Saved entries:
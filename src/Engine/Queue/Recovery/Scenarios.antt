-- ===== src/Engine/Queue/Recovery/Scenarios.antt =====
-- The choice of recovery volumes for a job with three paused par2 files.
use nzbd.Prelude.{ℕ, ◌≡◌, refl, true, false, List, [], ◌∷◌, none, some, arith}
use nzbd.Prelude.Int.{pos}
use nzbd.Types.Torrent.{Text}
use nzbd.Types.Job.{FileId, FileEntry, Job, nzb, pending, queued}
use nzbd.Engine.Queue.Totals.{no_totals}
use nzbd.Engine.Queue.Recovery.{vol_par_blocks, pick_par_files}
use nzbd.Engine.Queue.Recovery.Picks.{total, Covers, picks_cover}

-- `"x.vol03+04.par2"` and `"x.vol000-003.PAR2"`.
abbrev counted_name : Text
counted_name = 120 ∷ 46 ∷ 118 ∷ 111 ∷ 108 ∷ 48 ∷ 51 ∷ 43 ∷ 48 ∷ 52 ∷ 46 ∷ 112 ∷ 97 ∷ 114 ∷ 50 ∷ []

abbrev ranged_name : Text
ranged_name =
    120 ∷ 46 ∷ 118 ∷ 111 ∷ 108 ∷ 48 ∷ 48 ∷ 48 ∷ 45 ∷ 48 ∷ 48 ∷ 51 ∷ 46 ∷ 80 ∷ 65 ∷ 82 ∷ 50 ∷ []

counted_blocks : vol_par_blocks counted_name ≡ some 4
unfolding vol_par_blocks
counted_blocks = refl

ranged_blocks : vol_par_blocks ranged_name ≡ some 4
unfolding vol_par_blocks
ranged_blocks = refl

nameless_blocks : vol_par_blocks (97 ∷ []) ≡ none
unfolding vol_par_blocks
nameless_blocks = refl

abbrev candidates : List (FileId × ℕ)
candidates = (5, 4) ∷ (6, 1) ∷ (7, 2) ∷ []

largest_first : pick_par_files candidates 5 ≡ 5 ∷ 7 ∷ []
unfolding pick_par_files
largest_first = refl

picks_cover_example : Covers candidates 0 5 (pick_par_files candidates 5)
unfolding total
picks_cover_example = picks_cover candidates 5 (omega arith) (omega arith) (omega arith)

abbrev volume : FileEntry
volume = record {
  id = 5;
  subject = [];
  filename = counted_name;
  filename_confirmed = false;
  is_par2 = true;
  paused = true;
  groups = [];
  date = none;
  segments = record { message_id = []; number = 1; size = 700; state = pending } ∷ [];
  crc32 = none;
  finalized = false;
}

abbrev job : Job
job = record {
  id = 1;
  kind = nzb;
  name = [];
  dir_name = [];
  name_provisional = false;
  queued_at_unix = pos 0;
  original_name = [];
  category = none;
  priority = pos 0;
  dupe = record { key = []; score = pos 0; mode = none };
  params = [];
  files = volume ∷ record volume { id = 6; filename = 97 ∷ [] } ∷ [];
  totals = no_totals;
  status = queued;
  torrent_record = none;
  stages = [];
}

...

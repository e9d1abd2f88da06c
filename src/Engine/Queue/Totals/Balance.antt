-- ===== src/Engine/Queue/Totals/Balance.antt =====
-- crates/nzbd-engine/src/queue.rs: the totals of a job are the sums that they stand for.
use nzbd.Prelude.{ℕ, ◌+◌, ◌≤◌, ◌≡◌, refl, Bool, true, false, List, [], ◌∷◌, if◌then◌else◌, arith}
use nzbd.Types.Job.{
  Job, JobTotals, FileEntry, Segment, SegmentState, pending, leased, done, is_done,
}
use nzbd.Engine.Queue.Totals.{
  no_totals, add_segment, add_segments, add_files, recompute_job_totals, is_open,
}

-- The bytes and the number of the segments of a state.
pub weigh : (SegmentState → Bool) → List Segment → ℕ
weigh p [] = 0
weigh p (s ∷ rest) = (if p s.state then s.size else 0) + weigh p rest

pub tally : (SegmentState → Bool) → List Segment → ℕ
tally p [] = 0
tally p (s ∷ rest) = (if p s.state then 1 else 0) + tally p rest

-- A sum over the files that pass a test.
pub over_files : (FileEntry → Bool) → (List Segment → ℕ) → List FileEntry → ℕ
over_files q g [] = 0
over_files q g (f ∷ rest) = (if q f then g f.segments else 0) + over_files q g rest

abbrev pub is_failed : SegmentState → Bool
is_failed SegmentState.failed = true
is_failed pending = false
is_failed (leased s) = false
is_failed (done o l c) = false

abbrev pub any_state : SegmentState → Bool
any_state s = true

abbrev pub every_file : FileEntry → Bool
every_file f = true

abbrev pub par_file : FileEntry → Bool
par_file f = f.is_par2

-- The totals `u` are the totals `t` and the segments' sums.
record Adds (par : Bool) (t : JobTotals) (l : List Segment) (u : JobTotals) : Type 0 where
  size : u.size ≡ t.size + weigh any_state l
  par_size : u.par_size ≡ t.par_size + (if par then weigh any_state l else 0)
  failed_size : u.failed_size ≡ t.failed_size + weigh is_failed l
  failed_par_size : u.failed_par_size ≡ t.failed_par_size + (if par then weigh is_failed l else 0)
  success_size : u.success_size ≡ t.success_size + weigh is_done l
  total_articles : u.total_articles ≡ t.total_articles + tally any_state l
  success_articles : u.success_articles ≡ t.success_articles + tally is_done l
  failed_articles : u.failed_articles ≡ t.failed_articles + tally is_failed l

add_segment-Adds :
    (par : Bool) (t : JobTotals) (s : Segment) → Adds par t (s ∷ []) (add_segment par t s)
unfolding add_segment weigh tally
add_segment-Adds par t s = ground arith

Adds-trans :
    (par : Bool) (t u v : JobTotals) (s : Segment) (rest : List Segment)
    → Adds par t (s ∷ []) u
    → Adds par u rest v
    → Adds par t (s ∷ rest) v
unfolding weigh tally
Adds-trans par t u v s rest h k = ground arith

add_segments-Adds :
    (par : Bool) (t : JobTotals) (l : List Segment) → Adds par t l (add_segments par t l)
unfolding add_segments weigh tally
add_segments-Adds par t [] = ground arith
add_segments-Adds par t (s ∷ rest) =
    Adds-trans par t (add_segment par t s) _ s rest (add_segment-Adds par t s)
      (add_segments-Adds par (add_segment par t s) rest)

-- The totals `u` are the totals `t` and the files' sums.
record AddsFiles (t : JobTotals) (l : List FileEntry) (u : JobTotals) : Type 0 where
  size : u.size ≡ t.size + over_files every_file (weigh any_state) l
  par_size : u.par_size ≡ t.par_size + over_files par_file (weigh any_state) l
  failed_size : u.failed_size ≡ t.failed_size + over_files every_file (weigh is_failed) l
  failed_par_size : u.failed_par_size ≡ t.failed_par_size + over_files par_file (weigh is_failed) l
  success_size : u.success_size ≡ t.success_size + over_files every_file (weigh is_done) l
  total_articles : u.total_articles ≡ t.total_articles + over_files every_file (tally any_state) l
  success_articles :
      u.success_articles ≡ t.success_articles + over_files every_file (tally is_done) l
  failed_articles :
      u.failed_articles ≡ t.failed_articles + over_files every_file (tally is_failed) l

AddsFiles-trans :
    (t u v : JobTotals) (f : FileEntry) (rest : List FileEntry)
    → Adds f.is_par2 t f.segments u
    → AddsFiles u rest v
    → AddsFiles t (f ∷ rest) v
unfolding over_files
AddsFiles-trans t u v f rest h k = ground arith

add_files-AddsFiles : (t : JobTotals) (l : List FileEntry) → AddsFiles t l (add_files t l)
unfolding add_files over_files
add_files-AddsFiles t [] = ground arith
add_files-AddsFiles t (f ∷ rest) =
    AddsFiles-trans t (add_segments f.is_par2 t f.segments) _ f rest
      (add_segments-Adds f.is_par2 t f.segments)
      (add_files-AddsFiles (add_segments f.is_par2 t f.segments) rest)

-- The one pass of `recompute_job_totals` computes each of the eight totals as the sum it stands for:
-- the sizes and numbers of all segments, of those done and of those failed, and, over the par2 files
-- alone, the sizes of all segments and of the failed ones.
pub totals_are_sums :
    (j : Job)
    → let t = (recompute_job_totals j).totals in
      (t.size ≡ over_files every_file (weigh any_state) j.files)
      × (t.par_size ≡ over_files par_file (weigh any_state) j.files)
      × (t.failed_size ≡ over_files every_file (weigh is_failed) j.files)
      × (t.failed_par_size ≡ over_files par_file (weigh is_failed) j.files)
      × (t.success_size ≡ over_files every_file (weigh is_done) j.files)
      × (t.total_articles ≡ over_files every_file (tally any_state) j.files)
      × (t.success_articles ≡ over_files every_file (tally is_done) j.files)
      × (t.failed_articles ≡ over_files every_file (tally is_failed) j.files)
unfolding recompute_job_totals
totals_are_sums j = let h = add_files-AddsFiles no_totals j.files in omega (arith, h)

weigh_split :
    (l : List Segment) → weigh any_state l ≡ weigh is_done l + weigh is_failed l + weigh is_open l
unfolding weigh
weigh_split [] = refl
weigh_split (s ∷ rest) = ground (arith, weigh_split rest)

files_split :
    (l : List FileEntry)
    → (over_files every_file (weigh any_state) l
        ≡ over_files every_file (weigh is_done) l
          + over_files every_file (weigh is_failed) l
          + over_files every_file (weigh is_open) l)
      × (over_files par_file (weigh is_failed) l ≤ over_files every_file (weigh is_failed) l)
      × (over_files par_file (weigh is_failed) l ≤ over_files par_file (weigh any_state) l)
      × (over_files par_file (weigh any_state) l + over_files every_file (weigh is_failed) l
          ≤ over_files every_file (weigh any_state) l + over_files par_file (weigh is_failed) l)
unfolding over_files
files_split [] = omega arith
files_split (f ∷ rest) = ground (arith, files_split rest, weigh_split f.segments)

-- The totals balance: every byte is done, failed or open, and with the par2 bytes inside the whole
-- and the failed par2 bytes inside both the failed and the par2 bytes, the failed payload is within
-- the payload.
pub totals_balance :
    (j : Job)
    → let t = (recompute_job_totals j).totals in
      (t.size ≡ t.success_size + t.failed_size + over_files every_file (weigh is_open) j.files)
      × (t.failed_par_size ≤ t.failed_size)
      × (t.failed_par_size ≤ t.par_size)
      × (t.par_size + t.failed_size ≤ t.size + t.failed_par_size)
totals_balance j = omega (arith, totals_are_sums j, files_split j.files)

* * *

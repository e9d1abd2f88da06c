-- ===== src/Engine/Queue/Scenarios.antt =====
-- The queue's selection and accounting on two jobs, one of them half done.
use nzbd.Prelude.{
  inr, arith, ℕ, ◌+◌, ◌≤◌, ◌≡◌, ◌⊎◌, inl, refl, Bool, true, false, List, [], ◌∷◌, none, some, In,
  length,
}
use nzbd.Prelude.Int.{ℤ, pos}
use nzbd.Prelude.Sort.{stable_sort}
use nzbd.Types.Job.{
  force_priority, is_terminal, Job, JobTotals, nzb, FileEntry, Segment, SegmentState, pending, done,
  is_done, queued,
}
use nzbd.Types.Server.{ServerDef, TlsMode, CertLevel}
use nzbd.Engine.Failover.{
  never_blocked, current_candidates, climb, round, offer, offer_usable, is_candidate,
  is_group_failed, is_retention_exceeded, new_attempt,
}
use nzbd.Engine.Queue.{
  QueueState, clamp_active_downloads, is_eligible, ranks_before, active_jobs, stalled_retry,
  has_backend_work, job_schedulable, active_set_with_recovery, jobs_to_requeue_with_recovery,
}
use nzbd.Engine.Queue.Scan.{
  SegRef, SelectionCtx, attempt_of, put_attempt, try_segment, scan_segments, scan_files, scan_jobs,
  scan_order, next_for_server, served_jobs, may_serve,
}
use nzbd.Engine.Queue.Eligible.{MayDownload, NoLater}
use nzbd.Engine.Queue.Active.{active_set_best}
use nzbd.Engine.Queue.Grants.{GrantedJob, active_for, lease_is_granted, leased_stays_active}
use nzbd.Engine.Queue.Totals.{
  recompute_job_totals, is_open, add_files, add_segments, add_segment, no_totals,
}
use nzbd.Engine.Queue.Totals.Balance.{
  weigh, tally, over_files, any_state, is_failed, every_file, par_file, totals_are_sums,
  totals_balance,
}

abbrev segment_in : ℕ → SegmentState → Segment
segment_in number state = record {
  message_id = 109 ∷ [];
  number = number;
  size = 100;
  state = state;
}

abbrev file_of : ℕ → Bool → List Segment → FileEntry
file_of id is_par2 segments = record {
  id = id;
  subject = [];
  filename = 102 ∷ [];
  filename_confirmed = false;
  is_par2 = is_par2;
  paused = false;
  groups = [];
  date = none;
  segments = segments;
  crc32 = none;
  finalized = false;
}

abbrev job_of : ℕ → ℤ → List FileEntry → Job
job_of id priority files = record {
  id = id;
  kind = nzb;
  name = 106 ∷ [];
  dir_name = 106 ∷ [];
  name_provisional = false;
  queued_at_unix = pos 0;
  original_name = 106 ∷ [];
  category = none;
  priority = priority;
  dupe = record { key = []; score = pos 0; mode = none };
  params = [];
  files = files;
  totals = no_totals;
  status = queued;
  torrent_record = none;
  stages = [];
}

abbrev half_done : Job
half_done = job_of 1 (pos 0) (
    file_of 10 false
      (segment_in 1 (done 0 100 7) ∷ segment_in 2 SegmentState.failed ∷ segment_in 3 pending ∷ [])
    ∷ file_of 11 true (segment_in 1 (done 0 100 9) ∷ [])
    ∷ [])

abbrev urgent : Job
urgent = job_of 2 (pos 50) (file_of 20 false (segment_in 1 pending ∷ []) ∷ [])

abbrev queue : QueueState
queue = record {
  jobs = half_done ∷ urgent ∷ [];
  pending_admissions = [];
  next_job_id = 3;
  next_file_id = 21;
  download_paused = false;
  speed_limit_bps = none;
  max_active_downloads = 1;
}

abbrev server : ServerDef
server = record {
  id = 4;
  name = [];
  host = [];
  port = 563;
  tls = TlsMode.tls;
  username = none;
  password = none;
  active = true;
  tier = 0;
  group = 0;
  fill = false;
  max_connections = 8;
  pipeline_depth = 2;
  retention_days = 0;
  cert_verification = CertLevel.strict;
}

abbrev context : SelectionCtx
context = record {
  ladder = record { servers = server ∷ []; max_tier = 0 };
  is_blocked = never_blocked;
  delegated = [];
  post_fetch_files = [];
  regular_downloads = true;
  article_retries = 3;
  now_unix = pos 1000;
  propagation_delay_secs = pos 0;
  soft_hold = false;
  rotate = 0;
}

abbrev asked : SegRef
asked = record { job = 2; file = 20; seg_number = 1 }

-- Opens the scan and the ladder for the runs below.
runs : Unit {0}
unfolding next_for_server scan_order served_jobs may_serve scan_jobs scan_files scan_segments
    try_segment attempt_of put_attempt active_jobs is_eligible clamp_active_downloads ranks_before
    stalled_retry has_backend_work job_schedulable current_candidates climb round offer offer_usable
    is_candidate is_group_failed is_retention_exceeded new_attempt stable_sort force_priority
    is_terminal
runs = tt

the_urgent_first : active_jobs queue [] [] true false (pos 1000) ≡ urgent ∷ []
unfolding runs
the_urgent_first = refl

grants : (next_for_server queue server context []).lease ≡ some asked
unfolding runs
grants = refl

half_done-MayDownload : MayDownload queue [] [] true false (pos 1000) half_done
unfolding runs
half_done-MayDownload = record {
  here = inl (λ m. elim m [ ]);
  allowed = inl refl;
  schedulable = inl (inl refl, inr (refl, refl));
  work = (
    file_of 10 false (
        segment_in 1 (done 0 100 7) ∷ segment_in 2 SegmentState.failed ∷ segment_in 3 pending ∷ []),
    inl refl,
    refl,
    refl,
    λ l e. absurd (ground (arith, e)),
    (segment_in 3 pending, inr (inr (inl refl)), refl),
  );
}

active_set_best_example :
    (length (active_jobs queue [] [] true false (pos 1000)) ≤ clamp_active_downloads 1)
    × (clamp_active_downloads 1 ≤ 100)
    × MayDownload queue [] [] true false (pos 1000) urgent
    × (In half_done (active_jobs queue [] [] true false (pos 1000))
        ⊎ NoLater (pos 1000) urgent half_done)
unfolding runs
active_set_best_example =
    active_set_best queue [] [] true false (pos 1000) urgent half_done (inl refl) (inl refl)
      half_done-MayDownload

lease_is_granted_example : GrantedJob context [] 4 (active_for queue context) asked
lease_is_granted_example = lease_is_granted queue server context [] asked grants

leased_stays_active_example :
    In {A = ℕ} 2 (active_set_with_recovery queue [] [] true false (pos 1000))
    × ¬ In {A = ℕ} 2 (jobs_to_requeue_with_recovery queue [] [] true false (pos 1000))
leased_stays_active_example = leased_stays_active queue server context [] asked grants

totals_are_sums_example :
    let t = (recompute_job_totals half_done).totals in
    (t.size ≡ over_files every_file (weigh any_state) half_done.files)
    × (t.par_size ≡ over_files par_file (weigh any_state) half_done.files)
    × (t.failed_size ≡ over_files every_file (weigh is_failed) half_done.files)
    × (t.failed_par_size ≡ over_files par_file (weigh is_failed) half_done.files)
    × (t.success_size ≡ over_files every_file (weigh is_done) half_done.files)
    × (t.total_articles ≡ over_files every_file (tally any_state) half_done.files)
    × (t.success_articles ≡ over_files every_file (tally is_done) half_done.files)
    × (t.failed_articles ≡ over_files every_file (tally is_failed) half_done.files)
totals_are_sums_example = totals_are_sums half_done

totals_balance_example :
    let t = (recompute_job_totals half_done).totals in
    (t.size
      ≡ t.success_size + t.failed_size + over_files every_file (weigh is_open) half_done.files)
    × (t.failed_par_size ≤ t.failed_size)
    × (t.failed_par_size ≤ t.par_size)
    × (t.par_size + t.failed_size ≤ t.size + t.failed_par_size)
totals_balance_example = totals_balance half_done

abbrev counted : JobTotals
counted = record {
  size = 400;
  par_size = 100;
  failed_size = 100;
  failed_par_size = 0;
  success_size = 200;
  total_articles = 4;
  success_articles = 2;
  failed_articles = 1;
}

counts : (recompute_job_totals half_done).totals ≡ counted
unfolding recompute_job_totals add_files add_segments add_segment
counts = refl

Task: Transcribe the records above exactly, beginning at the line that contains "totals_are_sums_example = totals_are_sums" and ending with the line that contains "success_size = 200;", both included, and nothing else.

Task response:
totals_are_sums_example = totals_are_sums half_done

totals_balance_example :
    let t = (recompute_job_totals half_done).totals in
    (t.size
      ≡ t.success_size + t.failed_size + over_files every_file (weigh is_open) half_done.files)
    × (t.failed_par_size ≤ t.failed_size)
    × (t.failed_par_size ≤ t.par_size)
    × (t.par_size + t.failed_size ≤ t.size + t.failed_par_size)
totals_balance_example = totals_balance half_done

abbrev counted : JobTotals
counted = record {
  size = 400;
  par_size = 100;
  failed_size = 100;
  failed_par_size = 0;
  success_size = 200;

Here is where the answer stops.